■ Exercise details ■
When the line with "next = next;" is found, repeat it and all lines that follow it exactly, stopping at the end of the listing.

■ Records to use ■
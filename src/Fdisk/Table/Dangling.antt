-- ===== src/Fdisk/Table/Dangling.antt =====
-- `delete_partition` for both of two logical partitions, the second one first: `part_table[5]` still
-- leads into the buffer that the first call frees.
use mac_fdisk.Base.{ℕ, ◌≡◌, arith, true, false}
use mac_fdisk.Fdisk.{warn_geometry}
use mac_fdisk.Fdisk.Table.{Table, assign}
use mac_fdisk.Fdisk.Table.Chain.{Place, IsStored, IsLinked}
use mac_fdisk.Fdisk.Table.Last

module _ (t : Table) (at : ℕ → Place) (st : IsStored t at) (ch : IsLinked t at)
    (two : t.partitions ≡ 6) (geometry : warn_geometry t.geometry ≡ false) where
  -- The table that the first call works on, in which the sector is marked as changed.
  abbrev marked : Table
  marked = record t { changed = assign t.changed 5 true }

  marked-IsStored : IsStored marked at
  marked-IsStored = record {
    buffer = st.buffer;
    data_at = st.data_at;
    link_at = st.link_at;
    slots = st.slots;
    distinct = st.distinct;
    live = st.live;
  }

  marked-IsLinked : IsLinked marked at
  marked-IsLinked = record { first = ch.first; next = ch.next; ends = ch.ends }

  abbrev left : Table
  left = Last.result marked at 5 marked-IsStored marked-IsLinked (omega arith) (omega (arith, two))
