-- ===== src/Fdisk/Table/Inner.antt =====
-- `delete_partition` for a logical partition that is neither the first nor the last.
use mac_fdisk.Base.{
  ℕ, suc, ◌-◌, ◌/◌, ◌≡◌, ◌≢◌, ◌≤◌, ◌<◌, ◌∙◌, ap, sym, refl, arith, true, some, ◌==◌, inl, inr,
  Bool-cases,
}
use mac_fdisk.Base.Word.{add32}
use mac_fdisk.Fdisk.Entry.{Partition, extended}
use mac_fdisk.Fdisk.Table.{Table, assign, store, mark, moved_down, take_over_link}
use mac_fdisk.Fdisk.Table.Chain.{
  logical, Place, link_of, IsStored, IsLinked, index, moved_down_lem, Without,
}
use mac_fdisk.Fdisk.Table.Gap.{
  overwritten_data, overwritten_link, logical_at, closed, moved, closed-IsStored, closed-logical,
}

module _ (t : Table) (at : ℕ → Place) (i : ℕ) (st : IsStored t at) (ch : IsLinked t at)
    (low : 4 < i) (high : suc i < t.partitions) where
  -- The link in front of the deleted partition.
  abbrev pub behind : ℕ
  behind = link_of (at (i - 1))

  abbrev pub next_link : Partition
  next_link = t.entry (link_of (at i))

  abbrev pub relinked : Table
  relinked = record t {
    entry = assign t.entry behind (record next_link { boot_ind = 0; sys_ind = extended });
    changed = assign t.changed (i - 1) true;
  }

  pub take_over_link_lem : take_over_link i next_link t ≡ some relinked
  unfolding take_over_link
  take_over_link_lem =
      let b : behind / 4 ≡ (at (i - 1)).buffer =
        omega (arith, st.slots (i - 1) (omega arith) (omega arith)) in
      rw
        (
          take_over_link,
          st.link_at (i - 1) (omega arith) (omega arith),
          store,
          b,
          st.live (i - 1) (omega arith) (omega arith),
          mark,
        )
        refl

  pub relinked-IsStored : IsStored relinked at
  relinked-IsStored = record {
    buffer = st.buffer;
    data_at = st.data_at;
    link_at = st.link_at;
    slots = st.slots;
    distinct = st.distinct;
    live = st.live;
  }

  link_kept :
      (j : ℕ)
      → 4 ≤ j
      → j < t.partitions
      → j ≢ i - 1
      → relinked.entry (link_of (at j)) ≡ t.entry (link_of (at j))
  link_kept =
      overwritten_link t at st (i - 1) (record next_link { boot_ind = 0; sys_ind = extended })
        (omega arith) (omega arith)

  relinked-logical : (j : ℕ) → 4 ≤ j → j < t.partitions → logical relinked j ≡ logical t j
  relinked-logical j h k =
      logical_at relinked (at j) j (st.data_at j h k) (st.slots j h k).0 (st.live j h k)
      ∙ ap
          (λ (p : Partition). some (record {
            first = add32 p.start_sect (t.offsets j);
            sectors = p.nr_sects;
            type = p.sys_ind;
          }))
          (overwritten_data t at st (i - 1) (record next_link { boot_ind = 0; sys_ind = extended })
            (omega arith) (omega arith) j h k)
      ∙ sym (logical_at t (at j) j (st.data_at j h k) (st.slots j h k).0 (st.live j h k))

  abbrev pub result : Table
  result = closed relinked at i relinked-IsStored (omega arith) (omega arith)

  abbrev n : ℕ
  n = t.partitions - 1

  abbrev Next : ℕ → Type 0
  Next j =
      ((relinked.entry (link_of (at (index i j)))).sys_ind ≡ extended)
      × (moved_down i n t.offsets (suc j)
          ≡ add32 t.extended_offset (relinked.entry (link_of (at (index i j)))).start_sect)

  Next-at_gap : (j : ℕ) → suc j < n → suc j ≡ i → Next j
  Next-at_gap j k e =
      let here : index i j ≡ i - 1 = ground arith in
      let self : (behind == behind) ≡ true = ground arith in
      let there : index i (suc j) ≡ suc i = ground arith in
      rw (here, self)
        (
          refl,
          moved_down_lem i n (suc j) t.offsets k
              ∙ ap t.offsets there
              ∙ (ch.next i (omega arith) high).1,
        )

  Next-elsewhere : (j : ℕ) → 4 ≤ j → suc j < n → suc j ≢ i → Next j
  Next-elsewhere j h k ne =
      let m = index i j in
      let low' : 4 ≤ m = ground arith in
      let high' : suc m < t.partitions = ground arith in
      let other : m ≢ i - 1 = ground arith in
      let there : index i (suc j) ≡ suc m = ground arith in
      let (ext, off) = ch.next m low' high' in
      rw (link_kept m low' (omega (arith, high')) other)
        (ext, moved_down_lem i n (suc j) t.offsets k ∙ ap t.offsets there ∙ off)

  link_ends :
      (m : ℕ)
      → 4 ≤ m
      → suc m ≡ t.partitions
      → (t.entry (link_of (at m))).sys_ind ≡ 0
      → (relinked.entry (link_of (at m))).sys_ind ≡ 0
  link_ends m h last e =
      ap (λ (p : Partition). p.sys_ind) (link_kept m h (omega arith) (omega arith)) ∙ e

  pub result-Without : Without t i result
  result-Without = record {
    at = moved relinked at i relinked-IsStored (omega arith) (omega arith);
    stored = closed-IsStored relinked at i relinked-IsStored (omega arith) (omega arith);
    linked = record {
      first =
          let h : index i 4 ≡ 4 = ground arith in
          moved_down_lem i n 4 t.offsets (omega arith) ∙ ap t.offsets h ∙ ch.first;
      next = λ j h k. elim (Bool-cases (suc j == i)) [
        | inl e ↦ Next-at_gap j k (ground arith)
        | inr e ↦ Next-elsewhere j h k (ground arith)
      ];
      ends = λ j h k.
          let m = index i j in
          let low' : 4 ≤ m = ground arith in
          let last : suc m ≡ t.partitions = ground arith in
          link_ends m low' last (ch.ends m low' last);
    };
    one_less = omega arith;
    kept = λ j h k.
        closed-logical relinked at i relinked-IsStored (omega arith) (omega arith) j h k
        ∙ relinked-logical (index i j) (ground arith) (ground arith);
  }
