-- ===== src/Fdisk/Table/First.antt =====
-- `delete_partition` for the first logical partition, where another one follows.
use mac_fdisk.Base.{
  ℕ, suc, ◌-◌, ◌/◌, ◌^◌, ◌≡◌, ◌≢◌, ◌≤◌, ◌<◌, ◌∙◌, ap, sym, refl, arith, true, false, some, ◌==◌,
  inl, inr, Bool-cases,
}
use mac_fdisk.Base.Word.{add32, sub32}
use mac_fdisk.Fdisk.Entry.{Partition, extended}
use mac_fdisk.Fdisk.Table.{Table, assign, deref, store, mark, moved_down, rebase}
use mac_fdisk.Fdisk.Table.Chain.{
  logical, Place, data_of, link_of, IsStored, IsLinked, index, moved_down_lem, Without,
}
use mac_fdisk.Fdisk.Table.Gap.{
  same_name, logical_at, closed, moved, closed-IsStored, closed-logical,
}

module _ (t : Table) (at : ℕ → Place) (st : IsStored t at) (ch : IsLinked t at)
    (high : 5 < t.partitions) (small : t.extended_offset < 2 ^ 32) where
  abbrev counted : Partition
  counted = record (t.entry (data_of (at 5))) {
    start_sect =
        sub32 (add32 (t.entry (data_of (at 5))).start_sect (t.offsets 5)) t.extended_offset;
  }

  abbrev pub rebased : Table
  rebased = record t {
    entry = assign t.entry (data_of (at 5)) counted;
    offsets = assign t.offsets 5 t.extended_offset;
    changed = assign t.changed 5 true;
  }

  pub rebase_lem : rebase t ≡ some rebased
  unfolding rebase
  rebase_lem =
      let b : data_of (at 5) / 4 ≡ (at 5).buffer = omega (arith, st.slots 5 (omega arith) high) in
      rw
        (
          rebase,
          st.data_at 5 (omega arith) high,
          deref,
          b,
          st.live 5 (omega arith) high,
          store,
          b,
          st.live 5 (omega arith) high,
          mark,
        )
        refl

  pub rebased-IsStored : IsStored rebased at
  rebased-IsStored = record {
    buffer = st.buffer;
    data_at = st.data_at;
    link_at = st.link_at;
    slots = st.slots;
    distinct = st.distinct;
    live = st.live;
  }

  data_kept :
      (j : ℕ)
      → 4 ≤ j
      → j < t.partitions
      → j ≢ 5
      → rebased.entry (data_of (at j)) ≡ t.entry (data_of (at j))
  data_kept j h k ne =
      let apart : data_of (at j) ≢ data_of (at 5) = λ e.
        ne
          (same_name t at st j 5 (at j).data_slot (at 5).data_slot h k (omega arith) high
            (st.slots j h k).0 (st.slots 5 (omega arith) high).0 e).0 in
      let other : (data_of (at j) == data_of (at 5)) ≡ false = ground (arith, apart) in
      rw other refl

  link_kept :
      (j : ℕ) → 4 ≤ j → j < t.partitions → rebased.entry (link_of (at j)) ≡ t.entry (link_of (at j))
  link_kept j h k =
      let apart : link_of (at j) ≢ data_of (at 5) = λ e.
        let (same, slot) =
          same_name t at st j 5 (at j).link_slot (at 5).data_slot h k (omega arith) high
            (st.slots j h k).1 (st.slots 5 (omega arith) high).0 e in
        (st.slots j h k).2 (ap (λ m. (at m).data_slot) same ∙ sym slot) in
      let other : (link_of (at j) == data_of (at 5)) ≡ false = ground (arith, apart) in
      rw other refl

  abbrev Same : ℕ → Type 0
  Same j = logical rebased j ≡ logical t j

  -- The second partition starts where it started.
  second_logical : Same 5
  second_logical =
      let self : (data_of (at 5) == data_of (at 5)) ≡ true = ground arith in
      logical_at rebased (at 5) 5 (st.data_at 5 (omega arith) high)
        (st.slots 5 (omega arith) high).0 (st.live 5 (omega arith) high)
      ∙ rw self (
          ap
            (λ (f : ℕ). some (record {
              first = f;
              sectors = (t.entry (data_of (at 5))).nr_sects;
              type = (t.entry (data_of (at 5))).sys_ind;
            }))
            start_kept)
      ∙ sym (
          logical_at t (at 5) 5 (st.data_at 5 (omega arith) high) (st.slots 5 (omega arith) high).0
            (st.live 5 (omega arith) high))
    where
      start_kept :
          add32 counted.start_sect t.extended_offset
          ≡ add32 (t.entry (data_of (at 5))).start_sect (t.offsets 5)
      start_kept = unfold add32 sub32 in omega arith

  rebased_logical : (j : ℕ) → 4 ≤ j → j < t.partitions → Same j
  rebased_logical j h k = elim (Bool-cases (j == 5)) [
    | inl e ↦ let here : j ≡ 5 = ground arith in rw here second_logical
    | inr e ↦
        let ne : j ≢ 5 = ground arith in
        logical_at rebased (at j) j (st.data_at j h k) (st.slots j h k).0 (st.live j h k)
        ∙ rw (data_kept j h k ne, e) refl
        ∙ sym (logical_at t (at j) j (st.data_at j h k) (st.slots j h k).0 (st.live j h k))
  ]

  abbrev pub result : Table
  result = closed rebased at 4 rebased-IsStored (omega arith) (omega arith)

  abbrev n : ℕ
  n = t.partitions - 1

  next :
      (j : ℕ)
      → 4 ≤ j
      → suc j < n
      → ((rebased.entry (link_of (at (index 4 j)))).sys_ind ≡ extended)
        × (moved_down 4 n rebased.offsets (suc j)
            ≡ add32 t.extended_offset (rebased.entry (link_of (at (index 4 j)))).start_sect)
  next j h k =
      let m = index 4 j in
      let low' : 4 ≤ m = ground arith in
      let high' : suc m < t.partitions = ground arith in
      let there : index 4 (suc j) ≡ suc m = ground arith in
      let later : (suc m == 5) ≡ false = ground arith in
      let (ext, off) = ch.next m low' high' in
      let moves : moved_down 4 n rebased.offsets (suc j) ≡ t.offsets (suc m) =
        moved_down_lem 4 n (suc j) rebased.offsets k ∙ ap rebased.offsets there ∙ rw later refl in
      rw (link_kept m low' (omega (arith, high'))) (ext, moves ∙ off)

  pub result-Without : Without t 4 result
  result-Without = record {
    at = moved rebased at 4 rebased-IsStored (omega arith) (omega arith);
    stored = closed-IsStored rebased at 4 rebased-IsStored (omega arith) (omega arith);
    linked = record {
      first = moved_down_lem 4 n 4 rebased.offsets (omega arith) ∙ refl;
      next = next;
      ends = λ j h k.
          let m = index 4 j in
          let low' : 4 ≤ m = ground arith in
          let last : suc m ≡ t.partitions = ground arith in
          ap (λ (p : Partition). p.sys_ind) (link_kept m low' (omega (arith, last)))
          ∙ ch.ends m low' last;
    };
    one_less = omega arith;
    kept = λ j h k.
        closed-logical rebased at 4 rebased-IsStored (omega arith) (omega arith) j h k
        ∙ rebased_logical (index 4 j) (ground arith) (ground arith);
  }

■ Task response ■
      next = next;
      ends = λ j h k.
          let m = index 4 j in
          let low' : 4 ≤ m = ground arith in
          let last : suc m ≡ t.partitions = ground arith in
          ap (λ (p : Partition). p.sys_ind) (link_kept m low' (omega (arith, last)))
          ∙ ch.ends m low' last;
    };
    one_less = omega arith;
    kept = λ j h k.
        closed-logical rebased at 4 rebased-IsStored (omega arith) (omega arith) j h k
        ∙ rebased_logical (index 4 j) (ground arith) (ground arith);
  }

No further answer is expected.